**Action item:**
Copy the result of filtering the entries below for lines that include the string "idle".

**Provided material:**
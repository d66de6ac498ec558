-- ===== src/Lldp/Race.antt =====
-- internal/ingest/lldp.go: `Run` calls `reconcile` from two goroutines, the ticker's and the one that
-- reads `lldpcli watch`, without a lock. A step relation: lldpd and the two take turns.
use for_visibility.Prelude.{
  ◌≡◌, refl, ap, ◌∙◌, false, Option, some, List, [], ◌∷◌, ◌++◌, append_assoc, subst,
}
use for_visibility.Prelude.Assoc.{Map, lookup, insert}
use for_visibility.Text.{Bytes, text, bytes_beq, bytes_eq, bytes_beq_refl}
use for_visibility.Gnmi.{Effect, cache_update, elems_path}
use for_visibility.Lldp.Values.{Fields}
use for_visibility.Lldp.{
  Lldp, LldpNbr, lldp_elems, parse_lldp, nbr_update, report_ifaces, delete_gone, delete_ifaces,
  reconcile,
}

-- Where a call of `reconcile` stands: none, before the loop over the answer of lldpcli, before the
-- loop over `l.seen`, and before `l.seen = seen`.
pub data Phase : Type 0 where
  idle : Phase
  asked : Option Fields → Phase
  reported : Map Bytes Bytes → Phase
  swept : Map Bytes Bytes → Phase

-- `out` is what lldpcli would print now, and `calls` the cache updates so far.
pub record Shared : Type 0 where
  pub out : Option Fields
  pub seen : Map Bytes Bytes
  pub calls : List Effect

-- one step of a call of `reconcile`
pub data Move (s : Shared) : Phase → Shared → Phase → Type 0 where
  ask : Move s idle s (asked s.out)
  ask_fails : Move s idle s idle
  report :
      (out : Option Fields)
      → Move s
          (asked out)
          (record s { calls = s.calls ++ (report_ifaces [] (parse_lldp out)).1 })
          (reported (report_ifaces [] (parse_lldp out)).0)
  sweep :
      (seen : Map Bytes Bytes)
      → Move s
          (reported seen)
          (record s { calls = s.calls ++ delete_ifaces seen s.seen })
          (swept seen)
  store : (seen : Map Bytes Bytes) → Move s (swept seen) (record s { seen = seen }) idle

pub record System : Type 0 where
  pub shared : Shared
  pub ticker : Phase
  pub watcher : Phase

pub data Step (s : System) : System → Type 0 where
  change : (out : Option Fields) → Step s (record s { shared = record s.shared { out = out } })
  tick :
      {t : Shared} {p : Phase}
      → Move s.shared s.ticker t p
      → Step s (record s { shared = t; ticker = p })
  watch :
      {t : Shared} {p : Phase}
      → Move s.shared s.watcher t p
      → Step s (record s { shared = t; watcher = p })

unfoldable pub new_lldp : Lldp
new_lldp = record { seen = [] }

-- `Run` after the first `reconcile`, which lldpcli answers
unfoldable pub started : Option Fields → System
unfolding reconcile new_lldp
started out = record {
  shared = record {
    out = out;
    seen = (reconcile new_lldp (some out)).0.seen;
    calls = (reconcile new_lldp (some out)).1;
  };
  ticker = idle;
  watcher = idle;
}

pub data Reach : System → Type 0 where
  start : (out : Option Fields) → Reach (started out)
  later : {s t : System} → Reach s → Step s t → Reach t

pub data Moves : Shared → Phase → Shared → Phase → Type 0 where
  stays : {s : Shared} {p : Phase} → Moves s p s p
  moves : {s t u : Shared} {p q r : Phase} → Move s p t q → Moves t q u r → Moves s p u r

-- A call of `reconcile` that nothing interrupts does what `reconcile` does: `l.seen` and the cache
-- updates are the ones of the sequential function.
pub Moves-reconcile :
    (s : Shared)
    → Moves s idle
        (record s {
          seen = (reconcile (record { seen = s.seen }) (some s.out)).0.seen;
          calls = s.calls ++ (reconcile (record { seen = s.seen }) (some s.out)).1;
        })
        idle
unfolding reconcile
Moves-reconcile s =
    subst
      (λ calls.
        Moves s idle (record s { seen = (report_ifaces [] (parse_lldp s.out)).0; calls = calls })
          idle)
      (append_assoc s.calls _ _)
      (moves ask (moves (report s.out) (moves (sweep _) (moves (store _) stays))))

report_ifaces-one :
    (ifn : Bytes) (nb : LldpNbr)
    → bytes_beq nb.chassis_id [] ≡ false
    → report_ifaces [] ((ifn, nb) ∷ []) ≡ ((ifn, nb.chassis_id) ∷ [], nbr_update ifn nb ∷ [])
unfolding report_ifaces insert
report_ifaces-one ifn nb has_id = rw (has_id) refl

delete_ifaces-one :
    (ifn id : Bytes)
    → delete_ifaces [] ((ifn, id) ∷ [])
      ≡ cache_update (text "openconfig") [] (elems_path (lldp_elems ifn id []) ∷ []) ∷ []
unfolding delete_ifaces lookup delete_gone
delete_ifaces-one ifn id = refl

delete_ifaces-same : (ifn id : Bytes) → delete_ifaces ((ifn, id) ∷ []) ((ifn, id) ∷ []) ≡ []
unfolding delete_ifaces lookup delete_gone
delete_ifaces-same ifn id = rw (bytes_beq_refl ifn) refl

delete_ifaces-none : (seen : Map Bytes Bytes) → delete_ifaces seen [] ≡ []
unfolding delete_ifaces
delete_ifaces-none seen = refl

report_ifaces-nil : report_ifaces [] [] ≡ ([], [])
unfolding report_ifaces
report_ifaces-nil = refl

-- Two calls that overlap can leave an entry in the cache for good. For every neighbor that lldpd
-- shows alone at the start and no longer at the end, there is an order of the steps after which no
-- call is left, `l.seen` is empty, the last cache update wrote the neighbor's entry, and a further
-- `reconcile` updates nothing.
pub Reach-stale :
    (out gone : Option Fields) (ifn : Bytes) (nb : LldpNbr)
    → parse_lldp out ≡ (ifn, nb) ∷ []
    → parse_lldp gone ≡ []
    → bytes_beq nb.chassis_id [] ≡ false
    → (s : System) × Reach s
      × (s.ticker ≡ idle)
      × (s.watcher ≡ idle)
      × (s.shared.out ≡ gone)
      × (s.shared.seen ≡ [])
      × (s.shared.calls
          ≡ nbr_update ifn nb
            ∷ cache_update
                (text "openconfig")
                []
                (elems_path (lldp_elems ifn nb.chassis_id []) ∷ [])
            ∷ nbr_update ifn nb
            ∷ [])
      × ((reconcile (record { seen = s.shared.seen }) (some gone)).1 ≡ [])
unfolding started new_lldp reconcile
Reach-stale out gone ifn nb shown absent has_id = (
  _,
  later
      (later
        (later
          (later
            (later
              (later
                (later (later (later (later (start out) (watch ask)) (change gone)) (tick ask))
                  (tick (report gone)))
                (tick (sweep _)))
              (watch (report out)))
            (watch (sweep _)))
          (watch (store _)))
        (tick (store _)))
      (change gone),
  refl,
  refl,
  refl,
  ap (λ r. r.0) reported_gone,
  rw
      (
        reported_gone,
        reported_shown,
        delete_ifaces-none ((ifn, nb.chassis_id) ∷ []),
        delete_ifaces-one ifn nb.chassis_id,
        delete_ifaces-same ifn nb.chassis_id,
      )
      refl,
  rw (reported_gone, delete_ifaces-none []) refl,
)
  where
    reported_shown :
        report_ifaces [] (parse_lldp out) ≡ ((ifn, nb.chassis_id) ∷ [], nbr_update ifn nb ∷ [])
    reported_shown = ap (report_ifaces []) shown ∙ report_ifaces-one ifn nb has_id

    reported_gone : report_ifaces [] (parse_lldp gone) ≡ ([], [])
    reported_gone = ap (report_ifaces []) absent ∙ report_ifaces-nil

**Solution for this exercise:**
  idle : Phase
  ask : Move s idle s (asked s.out)
  ask_fails : Move s idle s idle
  store : (seen : Map Bytes Bytes) → Move s (swept seen) (record s { seen = seen }) idle
  ticker = idle;
  watcher = idle;
    → Moves s idle
        idle
        Moves s idle (record s { seen = (report_ifaces [] (parse_lldp s.out)).0; calls = calls })
          idle)
      × (s.ticker ≡ idle)
      × (s.watcher ≡ idle)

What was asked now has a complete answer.